I have aged slowly, successfully passing for twenty-four as a fairie after I had reached thirty-one, and for twenty-nine in my middle forties. When I was thirty-two, a lady of forty who did not know my age remarked of me: “Why he is only a boy!” When I was forty-two, a business associate of rather long-standing and only twenty-six years of age remarked that he had “never met any one else so abnormal as [myself] in respect to the discrepancy between apparent and actual age.” I have sometimes thought of myself as “the boy who never grew to be a man.” Before reaching my fortieth year, it was my ambition to preserve my youth indefinitely. In my middle forties business associates have asked me for the recipe for perennial youth. Before reaching my fortieth year, possibly no other male was so horrified as myself at the thought of waning youth and approaching old age. But now (1918), in my middle forties, I am reconciled to growing old.

Perennial Youth—Æstheticism.

I am rather vain, and have been guilty of contemplating my reflection in a mirror. Prior to my middle forties I was of a bashful disposition and lacked self-confidence, except when following out my fairie instincts. Down to my middle forties I have been unusually fond of small animals as pets and have covered their coats with kisses.
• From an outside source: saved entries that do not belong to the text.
-- ===== src/Policy/Tests.antt =====
-- Runs of the calculation, and its theorems at a profile of each contract.
use agentic_etf_advisor.Prelude.{
  ◌+◌, ◌*◌, ◌^◌, ◌≡◌, refl, ◌⊎◌, ◌↔◌, inl, true, false, none, some, [], half_up, pos, whole,
  leb_dec,
}
use agentic_etf_advisor.Profile.{
  moderate, balanced, us_eu_v1, eur, absent, null, given, ProfileInput, InvestorProfile,
  validate_money, model_validate, reject_mixed_money, horizon_of, risk_of, objective_of,
  drawdown_of, advisory_of, identity_of, currency_of, cash_of, minor_of,
}
use agentic_etf_advisor.Policy.{
  get_band, policy_bands, MinorCashAllocation, PolicyCalculation, target_ok, minor_cash_ok,
  currency_eqb, inside, money_ok, validate_target_within_bands, growth_target, complement,
  growth_part, split_minor_cash, new_cash, legacy_cash, calculate_policy,
}
use agentic_etf_advisor.Policy.Laws.{calculate_policy_total}
use agentic_etf_advisor.Policy.Exact.{
  calculate_policy_target, calculate_policy_minor_exact, IsExactSplit,
}

-- a legacy request whose recurring amount is None
abbrev legacy_null : ProfileInput
legacy_null = record {
  horizon_years = pos 20;
  risk_tolerance = "moderate";
  objective = "balanced";
  max_drawdown_pct = record { negative = false; magnitude = whole 25 };
  advisory_contract = absent;
  identity_contract = absent;
  base_currency = absent;
  initial_investment_usd = given (record { negative = false; magnitude = whole 5000 });
  recurring_monthly_usd = null;
  initial_investment_minor = absent;
  recurring_monthly_minor = absent;
  excluded_sectors = [];
  catalogue_request = absent;
}

abbrev legacy_profile : InvestorProfile
legacy_profile = record {
  horizon_years = 20;
  risk_tolerance = moderate;
  objective = balanced;
  max_drawdown_pct = whole 25;
  advisory_contract = none;
  identity_contract = none;
  base_currency = none;
  initial_investment_usd = some (whole 5000);
  recurring_monthly_usd = none;
  initial_investment_minor = none;
  recurring_monthly_minor = none;
  excluded_sectors = [];
  catalogue_request = none;
}

legacy_null_validates : model_validate legacy_null ≡ some legacy_profile
unfolding model_validate reject_mixed_money horizon_of risk_of objective_of drawdown_of advisory_of
    identity_of currency_of cash_of minor_of validate_money leb_dec
legacy_null_validates = refl

legacy_null_raises : calculate_policy legacy_profile ≡ none
unfolding calculate_policy target_ok growth_target complement policy_bands get_band legacy_cash
    leb_dec
legacy_null_raises = refl

calculate_policy_total_example :
    ((calculate_policy legacy_profile ≡ none)
      ↔ ((legacy_profile.advisory_contract ≡ none) × (legacy_profile.recurring_monthly_usd ≡ none)))
    × (((c : PolicyCalculation) × (calculate_policy legacy_profile ≡ some c))
        ⊎ (calculate_policy legacy_profile ≡ none))
calculate_policy_total_example =
    calculate_policy_total legacy_null legacy_profile legacy_null_validates

abbrev new_profile : InvestorProfile
new_profile = record legacy_profile {
  advisory_contract = some us_eu_v1;
  base_currency = some eur;
  initial_investment_usd = none;
  recurring_monthly_usd = some (whole 0);
  initial_investment_minor = some 1000001;
  recurring_monthly_minor = some 333;
}

abbrev initial_split : MinorCashAllocation
initial_split = record {
  currency = eur;
  total_minor = 1000001;
  growth_minor = 575001;
  defensive_minor = 425000;
}

abbrev calculation : PolicyCalculation
calculation = record {
  risk_tolerance = moderate;
  objective = balanced;
  horizon_years = 20;
  max_drawdown_pct = whole 25;
  excluded_sectors = [];
  allocation_bands = policy_bands moderate;
  target_allocation = record {
    growth_assets_pct = record { coefficient = 575; scale = 1 };
    defensive_assets_pct = record { coefficient = 425; scale = 1 };
  };
  advisory_contract = some us_eu_v1;
  identity_contract = none;
  base_currency = some eur;
  initial_investment_usd = none;
  recurring_monthly_usd = none;
  initial_investment = some initial_split;
  recurring_monthly =
      some
        (record { currency = eur; total_minor = 333; growth_minor = 191; defensive_minor = 142 });
}

calculated : calculate_policy new_profile ≡ some calculation
unfolding calculate_policy target_ok growth_target complement policy_bands get_band new_cash
    minor_cash_ok split_minor_cash growth_part half_up validate_target_within_bands money_ok inside
    currency_eqb leb_dec
calculated = refl

calculate_policy_target_example :
    let g = calculation.target_allocation.growth_assets_pct in
    let d = calculation.target_allocation.defensive_assets_pct in
    (g.coefficient * 10 ^ d.scale + d.coefficient * 10 ^ g.scale
      ≡ 100 * (10 ^ g.scale * 10 ^ d.scale))
    × (inside (get_band "growth_assets_pct" (policy_bands moderate)) g ≡ true)
    × (inside (get_band "defensive_assets_pct" (policy_bands moderate)) d ≡ true)
calculate_policy_target_example = calculate_policy_target new_profile calculated

calculate_policy_minor_exact_example :
    IsExactSplit calculation.target_allocation.growth_assets_pct initial_split
calculate_policy_minor_exact_example =
    calculate_policy_minor_exact new_profile initial_split calculated (inl refl)
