-- ===== src/Profile/Tests.antt =====
-- Runs of the validation and the serialization, and the round trip of one profile.
use agentic_etf_advisor.Prelude.{◌≡◌, refl, false, none, some, whole}
use agentic_etf_advisor.Profile.{
  given, ProfileInput, model_validate, model_dump, reject_mixed_money,
}
use agentic_etf_advisor.Profile.RoundTrip.{model_validate-model_dump}
use agentic_etf_advisor.Profile.Sample.{request, profile, validated}

-- the same request, with an amount in dollars as well
abbrev mixed : ProfileInput
mixed = record request {
  initial_investment_usd = given (record { negative = false; magnitude = whole 5 });
}

mixed_raises : model_validate mixed ≡ none
unfolding model_validate reject_mixed_money
mixed_raises = refl

model_validate-model_dump_example : model_validate (model_dump profile) ≡ some profile
model_validate-model_dump_example = model_validate-model_dump request validated
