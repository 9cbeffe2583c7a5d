-- ===== src/Revision.antt =====
-- src/etf_advisor/domain/revision.py: a reviewer's decision and the plan of a revision.
pub mod Decision
pub mod Plan
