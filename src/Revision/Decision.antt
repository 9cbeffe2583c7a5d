-- ===== src/Revision/Decision.antt =====
-- `ReviewDecision` and the feedback classes of src/etf_advisor/domain/revision.py.
use agentic_etf_advisor.Prelude.{
  ℕ, String, Bool, true, false, not, ◌&&◌, ◌||◌, Option, none, some, List, [], ◌∷◌, leb, ◌==◌,
  is_some, is_none, length, all, codes, is_space, ℤ,
}
use agentic_etf_advisor.Profile.{CatalogueRequest, Entry, Signed}

-- The patch of a profile: what it holds at each field, and whether it holds any other key.
pub record ProfilePatch : Type 0 where
  pub horizon_years : Entry ℤ
  pub risk_tolerance : Entry String
  pub objective : Entry String
  pub max_drawdown_pct : Entry Signed
  pub advisory_contract : Entry String
  pub identity_contract : Entry String
  pub base_currency : Entry String
  pub initial_investment_usd : Entry Signed
  pub recurring_monthly_usd : Entry Signed
  pub initial_investment_minor : Entry ℤ
  pub recurring_monthly_minor : Entry ℤ
  pub excluded_sectors : Entry (List String)
  pub catalogue_request : Entry CatalogueRequest
  pub unknown_keys : Bool

-- `Feedback`, over the patches of the two policies. The bounds of a limit and of an
-- instruction are tested where the plan applies the feedback; a patch without a key, which the field does
-- not admit, is not excluded.
pub data Feedback (SP CP : Type 0) : Type 0 where
  profile_feedback : ProfilePatch → Feedback SP CP
  evidence_feedback : ℕ → Feedback SP CP
  screening_feedback : SP → Feedback SP CP
  construction_feedback : CP → Feedback SP CP
  explanation_feedback : String → Feedback SP CP

pub data Action : Type 0 where
  approve edit reject : Action

pub data Disposition : Type 0 where
  revise close : Disposition

-- Times are instants in UTC.
pub record ReviewDecision (SP CP : Type 0) : Type 0 where
  pub decision_id : String
  pub revision_id : String
  pub action : Action
  pub disposition : Option Disposition
  pub note : String
  pub feedback : List (Feedback SP CP)
  pub submitted_at : ℕ

-- the longest note and instruction
abbrev pub max_note : ℕ
max_note = 2000

-- `\S` on one character
unfoldable pub is_black : ℕ → Bool
is_black c = not (is_space c) || (leb 28 c && leb c 31)

-- `Note`
unfoldable pub is_note : String → Bool
is_note s =
    leb 1 (length (codes s))
    && leb (length (codes s)) max_note
    && not (all (λ c. not (is_black c)) (codes s))

-- `Identifier`
unfoldable pub is_identifier : String → Bool
is_identifier s = leb 1 (length (codes s)) && leb (length (codes s)) 128

-- `not self.note.strip()`
unfoldable pub is_blank : String → Bool
is_blank note = all is_space (codes note)

unfoldable pub is_revise : Option Disposition → Bool
is_revise (some revise) = true
is_revise (some close) = false
is_revise none = false

unfoldable pub is_close : Option Disposition → Bool
is_close (some revise) = false
is_close (some close) = true
is_close none = false

module _ {SP CP : Type 0} where
  -- `CLASSES.index(item.kind)`
  unfoldable pub class_index : Feedback SP CP → ℕ
  class_index (profile_feedback p) = 0
  class_index (evidence_feedback n) = 1
  class_index (screening_feedback p) = 2
  class_index (construction_feedback p) = 3
  class_index (explanation_feedback s) = 4

  -- no kind stands twice
  unfoldable pub distinct_kinds : List (Feedback SP CP) → Bool
  distinct_kinds [] = true
  distinct_kinds (f ∷ fs) = all (λ g. not (class_index f == class_index g)) fs && distinct_kinds fs

  abbrev pub no_feedback : List (Feedback SP CP) → Bool
  no_feedback [] = true
  no_feedback (f ∷ fs) = false

  -- the tests that depend on the action
  unfoldable pub action_ok : ReviewDecision SP CP → Bool
  action_ok d = elim d.action [
    | approve ↦ is_none d.disposition && no_feedback d.feedback
    | edit ↦ not (is_blank d.note) && is_revise d.disposition
    | reject ↦ not (is_blank d.note) && is_some d.disposition
  ]

  -- `coherent` with the bounds of the fields: false where it raises. There are five feedbacks at most,
  -- and the note has 2000 characters at most.
  unfoldable pub coherent : ReviewDecision SP CP → Bool
  coherent d =
      is_identifier d.decision_id
      && is_identifier d.revision_id
      && leb (length d.feedback) 5
      && leb (length (codes d.note)) max_note
      && action_ok d
      && not (is_revise d.disposition && no_feedback d.feedback)
      && not (is_close d.disposition && not (no_feedback d.feedback))
      && distinct_kinds d.feedback
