-- ===== src/Revision/Plan.antt =====
-- `RevisionInputs` and `plan_revision` of src/etf_advisor/domain/revision.py.
pub mod Earliest
pub mod Upstream
pub mod Pinned
mod Tests
use agentic_etf_advisor.Prelude.{
  ℕ, zero, suc, ◌+◌, ◌-◌, ◌*◌, ◌/◌, ◌%◌, ◌^◌, ◌≤◌, ◌<◌, min, String, ◌≡◌, refl, sym, ap, ◌∙◌, ◌≢◌,
  ◌↔◌, ◌⊎◌, inl, inr, Bool, true, false, not, ◌&&◌, ◌||◌, Option, none, some, List, [], ◌∷◌, ◌++◌,
  map, arith, str_eq, str_eq_iff, ltb, leb, ◌==◌, if◌then◌else◌, is_some, is_none, Bool-cases,
  Option-cases, leb→le, le→leb, ltb→lt, sum, length, ◌>>=◌, >>=-eq-some, get_or, set, take,
  replicate, all, All, In, half_up, half_up_bounds, half_up_unique, half_up_round_trip,
  half_up_mono, ℤ, pos, negsuc, Decimal, whole, leb_dec, eqb_dec, exact_hundredths,
  rounded_hundredths, hundredths, codes,
}
use agentic_etf_advisor.Profile.{
  Currency, InvestorProfile, ProfileInput, CatalogueRequest, Entry, absent, null, given, Signed,
  present, is_given, model_validate, model_dump,
}
use agentic_etf_advisor.Revision.Decision.{
  ProfilePatch, Feedback, profile_feedback, evidence_feedback, screening_feedback,
  construction_feedback, explanation_feedback, ReviewDecision, class_index, is_revise, coherent,
  max_note, is_note,
}

pub record RevisionInputs (S C : Type 0) : Type 0 where
  pub profile : InvestorProfile
  pub screening_policy : S
  pub construction_policy : C
  pub candidate_limit : ℕ
  pub with_evidence : Bool
  pub with_explanation : Bool
  pub explanation_instruction : String

-- The two policies as the plan sees them: a patch over a policy, validated, or none where that raises.
pub record PolicyPatches (S C SP CP : Type 0) : Type 0 where
  pub patch_screening : S → SP → Option S
  pub patch_construction : C → CP → Option C

abbrev pub max_candidate_limit : ℕ
max_candidate_limit = 50

-- `STAGES`
pub data Stage : Type 0 where
  validate_profile retrieve_candidate_evidence screen_candidates construct_portfolio : Stage
  draft_explanation human_review : Stage

abbrev pub stages : List Stage
stages =
    validate_profile ∷ retrieve_candidate_evidence ∷ screen_candidates ∷ construct_portfolio
    ∷ draft_explanation ∷ human_review ∷ []

abbrev pub artifacts : List String
artifacts =
    "draft_policy" ∷ "candidate_evidence" ∷ "candidate_screening" ∷ "portfolio_construction"
    ∷ "draft_explanation" ∷ []

abbrev pub errors : List String
errors =
    "validation_errors" ∷ "evidence_errors" ∷ "screening_errors" ∷ "construction_errors"
    ∷ "explanation_errors" ∷ []

-- `xs[n:]`
abbrev pub drop {ℓ} : {A : Type ℓ} → List A → ℕ → List A
drop [] n = []
drop (x ∷ xs) zero = x ∷ xs
drop (x ∷ xs) (suc n) = drop xs n

-- `{**profile, **patch}` at a field that may be missing, and at one that may not be: there None does
-- not validate.
abbrev pub over : {A : Type 0} → Entry A → Entry A → Entry A
over absent old = old
over null old = null
over (given a) old = given a

abbrev pub over_required : {A : Type 0} → Entry A → A → Option A
over_required absent old = some old
over_required null old = none
over_required (given a) old = some a

-- `InvestorProfile.model_validate({**profile, **patch})`
unfoldable pub patch_profile : ProfileInput → ProfilePatch → Option InvestorProfile
patch_profile old patch = do
  horizon ← over_required patch.horizon_years old.horizon_years
  risk ← over_required patch.risk_tolerance old.risk_tolerance
  objective ← over_required patch.objective old.objective
  drawdown ← over_required patch.max_drawdown_pct old.max_drawdown_pct
  sectors ← over_required patch.excluded_sectors old.excluded_sectors
  merged ←
      (if patch.unknown_keys
        then none
        else some (record {
          horizon_years = horizon;
          risk_tolerance = risk;
          objective = objective;
          max_drawdown_pct = drawdown;
          advisory_contract = over patch.advisory_contract old.advisory_contract;
          identity_contract = over patch.identity_contract old.identity_contract;
          base_currency = over patch.base_currency old.base_currency;
          initial_investment_usd = over patch.initial_investment_usd old.initial_investment_usd;
          recurring_monthly_usd = over patch.recurring_monthly_usd old.recurring_monthly_usd;
          initial_investment_minor =
              over patch.initial_investment_minor old.initial_investment_minor;
          recurring_monthly_minor = over patch.recurring_monthly_minor old.recurring_monthly_minor;
          excluded_sectors = sectors;
          catalogue_request = over patch.catalogue_request old.catalogue_request;
        }))
  model_validate merged

-- `a == b` where a missing key reads as None
abbrev pub same_text : Entry String → Entry String → Bool
same_text (given a) (given b) = str_eq a b
same_text (given a) absent = false
same_text (given a) null = false
same_text absent (given b) = false
same_text absent absent = true
same_text absent null = true
same_text null (given b) = false
same_text null absent = true
same_text null null = true

-- `name in patch and patch[name] != profile.get(name)`
abbrev pub changes_text : Entry String → Entry String → Bool
changes_text patch old = present patch && not (same_text patch old)

-- What a patch of the profile may not do.
unfoldable pub patch_refused : ProfileInput → ProfilePatch → Bool
patch_refused old patch =
    present patch.catalogue_request
    || changes_text patch.advisory_contract old.advisory_contract
    || changes_text patch.identity_contract old.identity_contract
    || (is_given (λ m. str_eq m "us-eu-v1") old.advisory_contract
        && changes_text patch.base_currency old.base_currency
        && not (present patch.initial_investment_minor && present patch.recurring_monthly_minor))

pub record PlanContent (S C : Type 0) : Type 0 where
  pub restart_stage : Stage
  pub invalidated : List String
  pub feedback_classes : List ℕ
  pub inputs : RevisionInputs S C

pub record RevisionPlan (S C : Type 0) : Type 0 where
  pub content : PlanContent S C
  pub planning_digest : String

-- `sorted(kinds, key=CLASSES.index)`, the kinds by their index
unfoldable pub insert_class : ℕ → List ℕ → List ℕ
insert_class k [] = k ∷ []
insert_class k (j ∷ js) = let rest = insert_class k js in if leb k j then k ∷ j ∷ js else j ∷ rest

unfoldable pub sort_classes : List ℕ → List ℕ
sort_classes [] = []
sort_classes (k ∷ ks) = insert_class k (sort_classes ks)

module _ {S C : Type 0} where
  -- `RevisionInputs.dependencies` with the bounds of the limit and of the instruction: false where it
  -- raises.
  unfoldable pub dependencies : RevisionInputs S C → Bool
  dependencies inputs =
      leb 1 inputs.candidate_limit
      && leb inputs.candidate_limit max_candidate_limit
      && leb (length (codes inputs.explanation_instruction)) max_note
      && not (inputs.with_explanation && not inputs.with_evidence)
      && not (is_some inputs.profile.catalogue_request && not inputs.with_evidence)
      && not (not (str_eq inputs.explanation_instruction "") && not inputs.with_explanation)

  -- What is planned once the inputs are updated; no feedback at all is an IndexError.
  unfoldable pub plan_content : List ℕ → RevisionInputs S C → Option (PlanContent S C)
  plan_content [] updated = none
  plan_content (index ∷ kinds) updated = some (record {
    restart_stage = get_or stages index human_review;
    invalidated =
        drop artifacts index ++ drop errors index ++ "review_decision" ∷ "final_message" ∷ [];
    feedback_classes = index ∷ kinds;
    inputs = updated;
  })

module _ {S C SP CP : Type 0} (patches : PolicyPatches S C SP CP) where
  -- the branch of the loop for the kind of the feedback
  unfoldable pub apply_feedback :
      RevisionInputs S C → Feedback SP CP → RevisionInputs S C → Option (RevisionInputs S C)
  apply_feedback inputs (profile_feedback patch) updated =
      if patch_refused (model_dump inputs.profile) patch
      then none
      else (patch_profile (model_dump inputs.profile) patch >>= λ p.
          some (record updated { profile = p }))
  apply_feedback inputs (evidence_feedback limit) updated =
      if not (leb 1 limit && leb limit max_candidate_limit) || not inputs.with_evidence
      then none
      else some (record updated { candidate_limit = limit })
  apply_feedback inputs (screening_feedback patch) updated =
      if not inputs.with_evidence
      then none
      else (patches.patch_screening inputs.screening_policy patch >>= λ p.
          some (record updated { screening_policy = p }))
  apply_feedback inputs (construction_feedback patch) updated =
      if not inputs.with_evidence
      then none
      else (patches.patch_construction inputs.construction_policy patch >>= λ p.
          some (record updated { construction_policy = p }))
  apply_feedback inputs (explanation_feedback instruction) updated =
      if not (is_note instruction) || not inputs.with_evidence || not inputs.with_explanation
      then none
      else some (record updated { explanation_instruction = instruction })

  -- `for item in decision.feedback`
  unfoldable pub apply_all :
      RevisionInputs S C → List (Feedback SP CP) → RevisionInputs S C → Option (RevisionInputs S C)
  apply_all inputs [] updated = some updated
  apply_all inputs (f ∷ fs) updated = apply_feedback inputs f updated >>= apply_all inputs fs

  -- `plan_revision`, over the digest of a plan; none where it raises.
  unfoldable pub plan_revision :
      (PlanContent S C → String)
      → ReviewDecision SP CP
      → RevisionInputs S C
      → Option (RevisionPlan S C)
  plan_revision digest decision inputs =
      if not (coherent decision)
        || not (dependencies inputs)
        || not (is_revise decision.disposition)
      then none
      else do
        updated ← apply_all inputs decision.feedback inputs
        content ← plan_content (sort_classes (map class_index decision.feedback)) updated
        some (record { content = content; planning_digest = digest content })
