-- ===== src/Revision/Plan/Earliest.antt =====
-- The earliest class of a feedback, at whose stage a revision restarts.
use mathlib.Core.Option.{some-injective}
use mathlib.Core.Path.{subst}
use Prim.{tt}
use agentic_etf_advisor.Prelude.{
  ℕ, ◌≤◌, ◌≡◌, refl, sym, ap, ◌∙◌, ◌≢◌, ◌⊎◌, inl, inr, some, List, [], ◌∷◌, ◌++◌, arith, leb,
  Bool-cases, get_or, All, In,
}
use agentic_etf_advisor.Revision.Plan.{
  RevisionInputs, human_review, stages, PlanContent, insert_class, sort_classes, plan_content, drop,
  artifacts, errors,
}

All-weaken : (j k : ℕ) (ks : List ℕ) → j ≤ k → All (λ i. k ≤ i) ks → All (λ i. j ≤ i) ks
All-weaken j k [] le a = tt
All-weaken j k (i ∷ ks) le a = (omega (arith, a.0), All-weaken j k ks le a.1)

insert_class-not_empty : (x : ℕ) (ys : List ℕ) → insert_class x ys ≢ []
unfolding insert_class
insert_class-not_empty x [] h = cc
insert_class-not_empty x (y ∷ ys) h = ground arith

sort_classes-empty : (ks : List ℕ) → sort_classes ks ≡ [] → ks ≡ []
unfolding sort_classes
sort_classes-empty [] h = refl
sort_classes-empty (x ∷ xs) h = absurd (insert_class-not_empty x (sort_classes xs) h)

list_cases : (ks : List ℕ) → (ks ≡ []) ⊎ ((y : ℕ) × (ys : List ℕ) × (ks ≡ y ∷ ys))
list_cases [] = inl refl
list_cases (y ∷ ys) = inr (y, ys, refl)

sort_classes-head :
    (ks : List ℕ) {k : ℕ} {js : List ℕ} → sort_classes ks ≡ k ∷ js → All (λ i. k ≤ i) ks
unfolding sort_classes insert_class
sort_classes-head [] h = tt
sort_classes-head (x ∷ xs) {k} h = elim (list_cases (sort_classes xs)) [
  | inl e ↦ (ground (arith, e, sort_classes-empty xs e))
  | inr (y, ys, e) ↦
      (let ih = sort_classes-head xs e in
        elim (Bool-cases (leb x y)) [
          | inl le ↦
              (let same : k ≡ x = ground (arith, h, e, le) in
                (omega (arith, same), All-weaken k y xs (ground (arith, same, le)) ih))
          | inr gt ↦
              (let same : k ≡ y = ground (arith, h, e, gt) in
                (ground (arith, same, gt), All-weaken k y xs (omega (arith, same)) ih))
        ])
]

sort_classes-In : (ks : List ℕ) {k : ℕ} {js : List ℕ} → sort_classes ks ≡ k ∷ js → In k ks
unfolding sort_classes insert_class
sort_classes-In [] h = absurd (cc)
sort_classes-In (x ∷ xs) {k} h = elim (list_cases (sort_classes xs)) [
  | inl e ↦ inl (ground (arith, h, e))
  | inr (y, ys, e) ↦ (elim (Bool-cases (leb x y)) [
    | inl le ↦ inl (ground (arith, h, e, le))
    | inr gt ↦
        (let same : y ≡ k = ground (arith, h, e, gt) in
          inr (subst (λ j. In j xs) same (sort_classes-In xs e)))
  ])
]

-- The plan for the earliest class of the feedback: its stage is where the revision restarts, and it
-- invalidates the artifacts and errors of that stage and of every later one, and the review.
pub record IsEarliest {S C : Type 0} (k : ℕ) (classes : List ℕ) (content : PlanContent S C)
    : Type 0 where
  pub named : In k classes
  pub first : All (λ j. k ≤ j) classes
  pub restart : content.restart_stage ≡ get_or stages k human_review
  pub invalidated :
      content.invalidated
      ≡ drop artifacts k ++ drop errors k ++ "review_decision" ∷ "final_message" ∷ []

pub plan_content-inv :
    {S C : Type 0} (classes : List ℕ) (updated : RevisionInputs S C) {content : PlanContent S C}
    → plan_content (sort_classes classes) updated ≡ some content
    → (k : ℕ) × IsEarliest k classes content × (content.inputs ≡ updated)
unfolding plan_content
plan_content-inv classes updated {content} h = elim (list_cases (sort_classes classes)) [
  | inl e ↦ absurd (ground (arith, h, e))
  | inr (k, js, e) ↦
      (let p = some-injective _ _ (sym h ∙ ap (λ ks. plan_content ks updated) e) in
        (
          k,
          record {
            named = sort_classes-In classes e;
            first = sort_classes-head classes e;
            restart = ap (λ c. c.restart_stage) p;
            invalidated = ap (λ c. c.invalidated) p;
          },
          ap (λ c. c.inputs) p,
        ))
]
I likewise am unusually fond of petting children.

I am devoid of practically all interest in sport. In place of this interest, I happen to be an æsthete. My home is an art gallery, with more art objects per cubic foot than I have heard to exist anywhere else outside an art gallery or shop. Few are better endowed than myself in respect to the capacity for deriving pleasure from beauty in art and nature.

Polyglottism.

Almost every department of human knowledge interests me. I like psychology, sociology, economics, and history least of all, and languages and philology most of all. Metaphysics and theology also stand high in my regard, while the natural sciences occupy a middle position.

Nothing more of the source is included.